A Missouri judge has rejected the state’s first jury recommendation for a death sentence in nine years, and has instead re-sentenced former death-row prisoner Marvin D. Rice to life without parole.
Missouri law authorizes trial judges “to reduce the punishment [recommended by the jury] within the statutory limits prescribed for the offense if it finds that the punishment is excessive.” At a resentencing hearing on May 23, 2022, St. Charles County Judge Daniel Pelikan exercised that power to sentence Rice to life in prison for the murder of his ex-girlfriend, Annette Durham, during a dispute over custody of their child.
Judge Pelikan issued his order from the bench, without a written opinion. However, Missouri public defender David Kenyon, a member of Rice’s defense team, explained in an email to the Death Penalty Information Center that Pelikan said he had found that the mitigating circumstances in Rice’s case substantially outweighed the aggravating circumstances presented by the prosecution.

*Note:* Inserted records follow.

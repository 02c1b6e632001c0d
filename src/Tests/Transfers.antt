-- ===== src/Tests/Transfers.antt =====
-- A file of one byte, from one host to another.
use they_chat.Base.{
  ℕ, zero, suc, ◌≡◌, refl, ap, List, [], ◌∷◌, ◌++◌, replicate, true, none, some, arith,
}
use they_chat.Bytes.{little, big, store, digits}
use they_chat.CString.{strcpy, memcpy}
use they_chat.CString.Laws.{IsString}
use they_chat.Message.{message_code, payload_type}
use they_chat.Message.Create.{
  create_file_header_message, create_file_content_message, create_file_end_message,
}
use they_chat.MessageSerializer.Wire.{wire, header_bytes, payload_bytes}
use they_chat.NetStream.{init_net_stream}
use they_chat.NetStream.Laws.{content, init_net_stream-IsStream}
use they_chat.NetPrimitives.{NetEvent, SendEvent}
use they_chat.NetPrimitives.Laws.{bytes}
use they_chat.NetCommunication.{done}
use they_chat.NetCommunication.Send.{Steady, Serves}
use they_chat.FileTransfer.{
  OpenFile, filepath_get_filename, filepath_concat, send_file, receive_file,
}
use they_chat.FileTransfer.Messages.{contents_wire, file_wire}
use they_chat.FileTransfer.Send.{send_file-done}
use they_chat.FileTransfer.Receive.{joined}
use they_chat.FileTransfer.RoundTrip.{Finishes, receive_file-send_file}

abbrev pub steady : List SendEvent
steady = replicate 1024 (SendEvent.room 3)

replicate-Steady : (n : ℕ) → Steady (replicate n (SendEvent.room 3))
replicate-Steady zero = tt
replicate-Steady (suc n) = (omega arith, replicate-Steady n)

pub steady-Serves : Serves steady
steady-Serves = (replicate-Steady 1024, omega arith)

-- The path is "a/b".
abbrev pub path : List ℕ
path = 97 ∷ 47 ∷ 98 ∷ []

abbrev name : List ℕ
name = 98 ∷ []

pub name-IsString : IsString name
name-IsString = ground arith

abbrev pub file : OpenFile
file = record { size = 1; reads = (65 ∷ []) ∷ [] }

abbrev pub arrays : ℕ → List ℕ
arrays k = replicate 512 9

abbrev pub header_array : List ℕ
header_array = replicate 64 9

abbrev pub sent_bytes : List ℕ
sent_bytes = file_wire header_array arrays name 1 file.reads

pub sent_file :
    send_file big header_array arrays steady (λ k. steady) steady path (some file) none
    ≡ done sent_bytes
unfolding filepath_get_filename
sent_file =
    send_file-done big arrays (λ k. steady) (λ k. refl) (λ k. steady-Serves) header_array steady
      steady path file none refl name-IsString (omega arith) steady-Serves steady-Serves
      ((omega arith, omega arith), tt)

-- The bytes in two pieces, with one more that follows.
abbrev pub pieces : List NetEvent
pieces =
    NetEvent.arrived 0 (0 ∷ 0 ∷ 3 ∷ 0 ∷ 0 ∷ 0 ∷ 68 ∷ 98 ∷ 0 ∷ replicate 62 9)
    ∷ NetEvent.timed_out
    ∷ NetEvent.arrived 0 (
        0
        ∷ 0
        ∷ 1
        ∷ 0
        ∷ 0
        ∷ 0
        ∷ 4
        ∷ 0
        ∷ 0
        ∷ 2
        ∷ 4
        ∷ 0
        ∷ 0
        ∷ 0
        ∷ 1
        ∷ 65
        ∷ (replicate 511 9 ++ (0 ∷ 0 ∷ 0 ∷ 5 ∷ 0 ∷ 0 ∷ 0 ∷ 0 ∷ 7 ∷ [])))
    ∷ []

pub pieces-wire : content init_net_stream ++ bytes pieces ≡ sent_bytes ++ 7 ∷ []
unfolding file_wire contents_wire wire header_bytes payload_bytes payload_type message_code store
    digits create_file_header_message create_file_content_message create_file_end_message strcpy
    memcpy
pieces-wire = ap (λ b. b ++ bytes pieces) init_net_stream-IsStream.1

-- The receiver writes under the sent name in the folder "d".
receive_file-send_file_example :
    Finishes
      (receive_file 2 little (λ p. true) (some (100 ∷ [])) [] init_net_stream pieces)
      name
      (100 ∷ (47 ∷ name))
      (65 ∷ [])
      (7 ∷ [])
unfolding filepath_get_filename filepath_concat joined
receive_file-send_file_example =
    receive_file-send_file big little arrays (λ k. steady) header_array steady steady path file none
      (λ p. true) (some (100 ∷ [])) [] sent_bytes (7 ∷ []) init_net_stream pieces (λ k. refl)
      (λ k. steady-Serves) refl name-IsString (omega arith) steady-Serves steady-Serves
      ((omega arith, omega arith), tt) refl (omega arith) (omega arith) refl sent_file
      (init_net_stream-IsStream.0, tt, pieces-wire)
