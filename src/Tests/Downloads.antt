-- ===== src/Tests/Downloads.antt =====
-- A file of one byte is asked for by its name and downloaded.
use they_chat.Base.{
  ◌<◌, length, ℕ, ◌≡◌, refl, ap, Bool, true, false, Option, none, some, List, [], ◌∷◌, ◌++◌,
  replicate, arith,
}
use they_chat.Bytes.{little, big, store, digits}
use they_chat.CString.{codes, c_string, str_eq, strcpy, memcpy}
use they_chat.CString.Laws.{IsString}
use they_chat.Message.{
  header_name_bytes, max_filepath_size, TaskFileDownloadData, message_code, payload_type,
}
use they_chat.Message.Create.{
  create_status_msg, create_file_header_message, create_file_content_message,
  create_file_end_message,
}
use they_chat.MessageSerializer.Wire.{wire, header_bytes, payload_bytes}
use they_chat.NetStream.{init_net_stream}
use they_chat.NetStream.Laws.{content, init_net_stream-IsStream}
use they_chat.NetPrimitives.{NetEvent}
use they_chat.NetPrimitives.Laws.{bytes}
use they_chat.NetCommunication.{done}
use they_chat.Sequence.{count, find}
use they_chat.SharedFileList.{
  SharedFile, shared_file_list_find_by_name, shared_file_list_count_name,
}
use they_chat.Server.{Files}
use they_chat.FileTransfer.{OpenFile, filepath_concat, received_path}
use they_chat.FileTransfer.Messages.{contents_wire, file_wire}
use they_chat.FileTransfer.Send.{send_file-done}
use they_chat.FileTransfer.Receive.{joined}
use they_chat.ServerTasks.Download.{
  DownloadText, confirmed, find_by_unique_name, find_download, server_task_download_file,
}
use they_chat.ClientTasks
use they_chat.ClientTasks.{TaskEnd, ran, downloaded, downloads_folder_path}
use they_chat.ClientTasks.Downloads.{
  status_message, file_bytes, answers, server_task_download_file_lem,
}
use they_chat.Tests.Transfers.{steady, steady-Serves, arrays, header_array, file, pieces}

-- The file "b" at the path "a".
abbrev shared : SharedFile
shared = record {
  id = 0;
  filepath = 97 ∷ replicate 511 0;
  filename = 98 ∷ replicate 255 0;
  size = 1;
  shared_time = 0;
  client_id = 3;
}

abbrev files : Files
files = record {
  shared = record { list = shared ∷ []; next_file_id = 1 };
  disk = record { exists = λ path. true; locked = λ path. false; holds = λ path. [] };
}

abbrev wanted : TaskFileDownloadData
wanted = record { filename = 98 ∷ replicate 255 0; by_id = false }

abbrev to_one : List ℕ → ℕ
to_one text = 1

abbrev prints : DownloadText → List ℕ
prints text = []

abbrev contents : List ℕ → Option OpenFile
contents path = some file

found : find_download to_one files wanted ≡ confirmed shared
unfolding find_download find_by_unique_name shared_file_list_count_name
    shared_file_list_find_by_name count find str_eq c_string
found = refl

bare : IsString (c_string shared.filename)
unfolding c_string
bare = ground arith

short : length (c_string shared.filename) < header_name_bytes
unfolding c_string
short = omega arith

abbrev opens : List ℕ → Bool
opens path = true

short_path :
    length (received_path (some (downloads_folder_path 0 little opens)) (c_string shared.filename))
    < max_filepath_size
unfolding c_string filepath_concat
short_path = omega arith

abbrev bytes_sent : List ℕ
bytes_sent =
    wire (
      status_message big little prints contents header_array arrays steady steady (λ k. steady)
        steady opens shared file)
    ++ file_bytes big little prints contents header_array arrays steady steady (λ k. steady) steady
        opens shared file

ran_out :
    server_task_download_file prints contents big header_array arrays steady steady
      (λ k. steady)
      steady
      to_one
      files
      wanted
    ≡ done bytes_sent
ran_out =
    answers big little prints contents header_array arrays steady steady (λ k. steady) steady opens
      shared file to_one files wanted found refl steady-Serves
      (send_file-done big arrays (λ k. steady) (λ k. refl) (λ k. steady-Serves) header_array steady
        steady (c_string shared.filepath) file (some (c_string shared.filename)) refl bare short
        steady-Serves steady-Serves ((omega arith, omega arith), tt))

-- The status, then the file.
abbrev all_pieces : List NetEvent
all_pieces = NetEvent.arrived 0 (0 ∷ 0 ∷ 8 ∷ 0 ∷ 0 ∷ 2 ∷ 1 ∷ 1 ∷ replicate 512 0) ∷ pieces

all_pieces-wire : content init_net_stream ++ bytes all_pieces ≡ bytes_sent ++ 7 ∷ []
unfolding file_wire contents_wire wire header_bytes payload_bytes payload_type message_code store
    digits create_status_msg create_file_header_message create_file_content_message
    create_file_end_message strcpy memcpy c_string
all_pieces-wire = ap (λ b. b ++ bytes all_pieces) init_net_stream-IsStream.1

server_task_download_file_lem_example :
    (size : ℕ) × (ClientTasks.server_task_download_file 2 little opens init_net_stream all_pieces
      ≡ ran (downloaded size (c_string shared.filename) ∷ []) none (
          (filepath_concat (codes "resources/downloads") (c_string shared.filename), 65 ∷ []) ∷ []))
unfolding joined
server_task_download_file_lem_example =
    server_task_download_file_lem big little prints contents header_array arrays steady steady
      (λ k. steady) steady opens shared file to_one files wanted bytes_sent (7 ∷ []) init_net_stream
      all_pieces found refl (λ k. refl) (λ k. steady-Serves) refl bare short steady-Serves
      steady-Serves steady-Serves ((omega arith, omega arith), tt) refl (omega arith) short_path
      refl ran_out (init_net_stream-IsStream.0, tt, all_pieces-wire)
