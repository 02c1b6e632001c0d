-- ===== src/Tests/Lists.antt =====
-- The lists of clients and of files.
use they_chat.Base.{
  Option, ℕ, ◌+◌, ◌≡◌, List, [], ◌∷◌, true, false, ◌==◌, if◌then◌else◌, none, some, length, arith,
}
use they_chat.CString.{c_string, str_eq}
use they_chat.NetStream.{init_net_stream}
use they_chat.NetPrimitives.{ErrorCode}
use they_chat.Sequence.Laws.{is_some}
use they_chat.ClientList.{
  AppState, Client, ClientList, client_list_add, client_list_remove, client_list_find_by_id,
}
use they_chat.ClientList.Laws.{IsClientList, client_list_add_lem, client_list_remove_lem}
use they_chat.SharedFileList.{
  SharedFile, SharedFileList, shared_file_list_add, shared_file_list_remove,
  shared_file_list_find_by_id,
}
use they_chat.SharedFileList.Laws.{
  IsFileList, shared_file_list_add_lem, shared_file_list_remove_lem,
}
use they_chat.Server.{Files, server_remove_client_files}
use they_chat.Message.{Message, TaskRemoveFileData}
use they_chat.ServerTasks.{Text, server_task_remove_file}
use they_chat.ServerTasks.Remove.{IsAnswer, server_task_remove_file-IsAnswer}
use they_chat.Server.RemoveFiles.{others, server_remove_client_files_lem}

abbrev client : ℕ → Client
client id = record {
  id = id;
  ip = 0 ∷ [];
  name = 65 ∷ 0 ∷ [];
  status_connection = record { context = none; stream = init_net_stream };
  task_connection = record { context = none; stream = init_net_stream };
  current_state = AppState.connect;
}

abbrev clients : ClientList
clients = record { list = client 3 ∷ client 5 ∷ []; next_client_id = 6; it = [] }

clients_valid : IsClientList clients
clients_valid = record { distinct = ground arith; below = ground arith }

client_list_add_lem_example :
    let (cl', added) = client_list_add (client 0) clients in
    IsClientList cl'
    × (client_list_find_by_id (some clients) added.id ≡ none)
    × (client_list_find_by_id (some cl') 5
        ≡ (if added.id == 5 then some added else client_list_find_by_id (some clients) 5))
client_list_add_lem_example = client_list_add_lem clients (client 0) 5 clients_valid (omega arith)

client_list_remove_lem_example :
    let (cl', removed) = client_list_remove clients 3 in
    IsClientList cl'
    × (removed ≡ is_some (client_list_find_by_id (some clients) 3))
    × (client_list_find_by_id (some cl') 5
        ≡ (if 3 == 5 then none else client_list_find_by_id (some clients) 5))
client_list_remove_lem_example = client_list_remove_lem clients 3 5 clients_valid

abbrev shared_file : ℕ → ℕ → ℕ → SharedFile
shared_file id letter client_id = record {
  id = id;
  filepath = 47 ∷ letter ∷ 0 ∷ [];
  filename = letter ∷ 0 ∷ [];
  size = 4;
  shared_time = 0;
  client_id = client_id;
}

abbrev files : SharedFileList
files = record {
  list = shared_file 0 65 3 ∷ shared_file 1 66 5 ∷ shared_file 4 66 3 ∷ [];
  next_file_id = 5;
}

files_valid : IsFileList files
files_valid = record { distinct = ground arith; below = ground arith }

shared_file_list_add_lem_example :
    let (fl', added) = shared_file_list_add (shared_file 0 67 3) files in
    IsFileList fl'
    × (shared_file_list_find_by_id files added.id ≡ none)
    × (shared_file_list_find_by_id fl' 5
        ≡ (if added.id == 5 then some added else shared_file_list_find_by_id files 5))
shared_file_list_add_lem_example =
    shared_file_list_add_lem files (shared_file 0 67 3) 5 files_valid (omega arith)

shared_file_list_remove_lem_example :
    let (fl', removed) = shared_file_list_remove files 1 in
    IsFileList fl'
    × (removed ≡ is_some (shared_file_list_find_by_id files 1))
    × (shared_file_list_find_by_id fl' 4
        ≡ (if 1 == 4 then none else shared_file_list_find_by_id files 4))
shared_file_list_remove_lem_example = shared_file_list_remove_lem files 1 4 files_valid

-- The disk refuses to remove the second file of client 3.
abbrev server_files : Files
server_files = record {
  shared = files;
  disk = record {
    exists = λ path. true;
    locked = λ path. str_eq path (47 ∷ 66 ∷ []);
    holds = λ path. [];
  };
}

server_remove_client_files_lem_example :
    (others 3 (server_remove_client_files server_files 3).0.shared.list ≡ others 3 files.list)
    × ((server_remove_client_files server_files 3).1
          + length (server_remove_client_files server_files 3).0.shared.list
        ≡ length files.list)
server_remove_client_files_lem_example =
    server_remove_client_files_lem server_files 3 files_valid.distinct (omega arith)

-- Client 3 asks for the removal of its file with the number 0.
abbrev own_request : TaskRemoveFileData
own_request = record { file_id = 0; remove_all = false }

-- The status cannot be sent.
abbrev status_fails : Message → Option ErrorCode
status_fails m = some ErrorCode.net_failure

abbrev one_letter : Text → List ℕ
one_letter t = 65 ∷ []

server_task_remove_file-IsAnswer_example :
    IsAnswer server_files
      (server_task_remove_file one_letter 0 [] status_fails server_files (client 3) own_request)
unfolding c_string
server_task_remove_file-IsAnswer_example =
    server_task_remove_file-IsAnswer one_letter 0 [] status_fails server_files (client 3)
      own_request files_valid.distinct (omega arith) (ground arith)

The organization Missourians for Alternatives to the Death Penalty reported that, in reaching his decision, Pelikan said he also had considered the fact that 11 jurors in Rice’s first trial in 2017 had voted to sentence him to life.
No state in the United States authorizes a judge to override a jury’s recommendation of a life sentence, and all three states that previously permitted the practice have ended it since 2016. Missouri law, however, considers a non-unanimous vote a hung jury rather than a recommendation, triggering a statutory provision that allows the trial judge to independently impose sentence. Judge Kelly Parker, who presided over Rice’s first trial, then sentenced him to death.
In 2019, the Missouri Supreme Court overturned Rice’s death sentence, finding that prosecutors in his case had made improper comments about Rice’s decision not to testify at trial. Those comments, the court held, violated Rice’s rights under the Fifth Amendment, which bars the use of a defendant’s silence against him.
The court returned the case to St. Charles County for a new sentencing hearing. Because Judge Parker had retired, the case was transferred to Judge Pelikan. After a one-week sentencing trial, the jury unanimously recommended that Rice be sentenced to death. His public defenders filed a motion challenging the verdict, arguing that the sole aggravating factor that the jury relied on as the basis for its death verdict was not applicable in his case. Judge Pelikan denied that motion, Kenyon said, but exercised his statutory discretion to sentenced Rice to life without parole.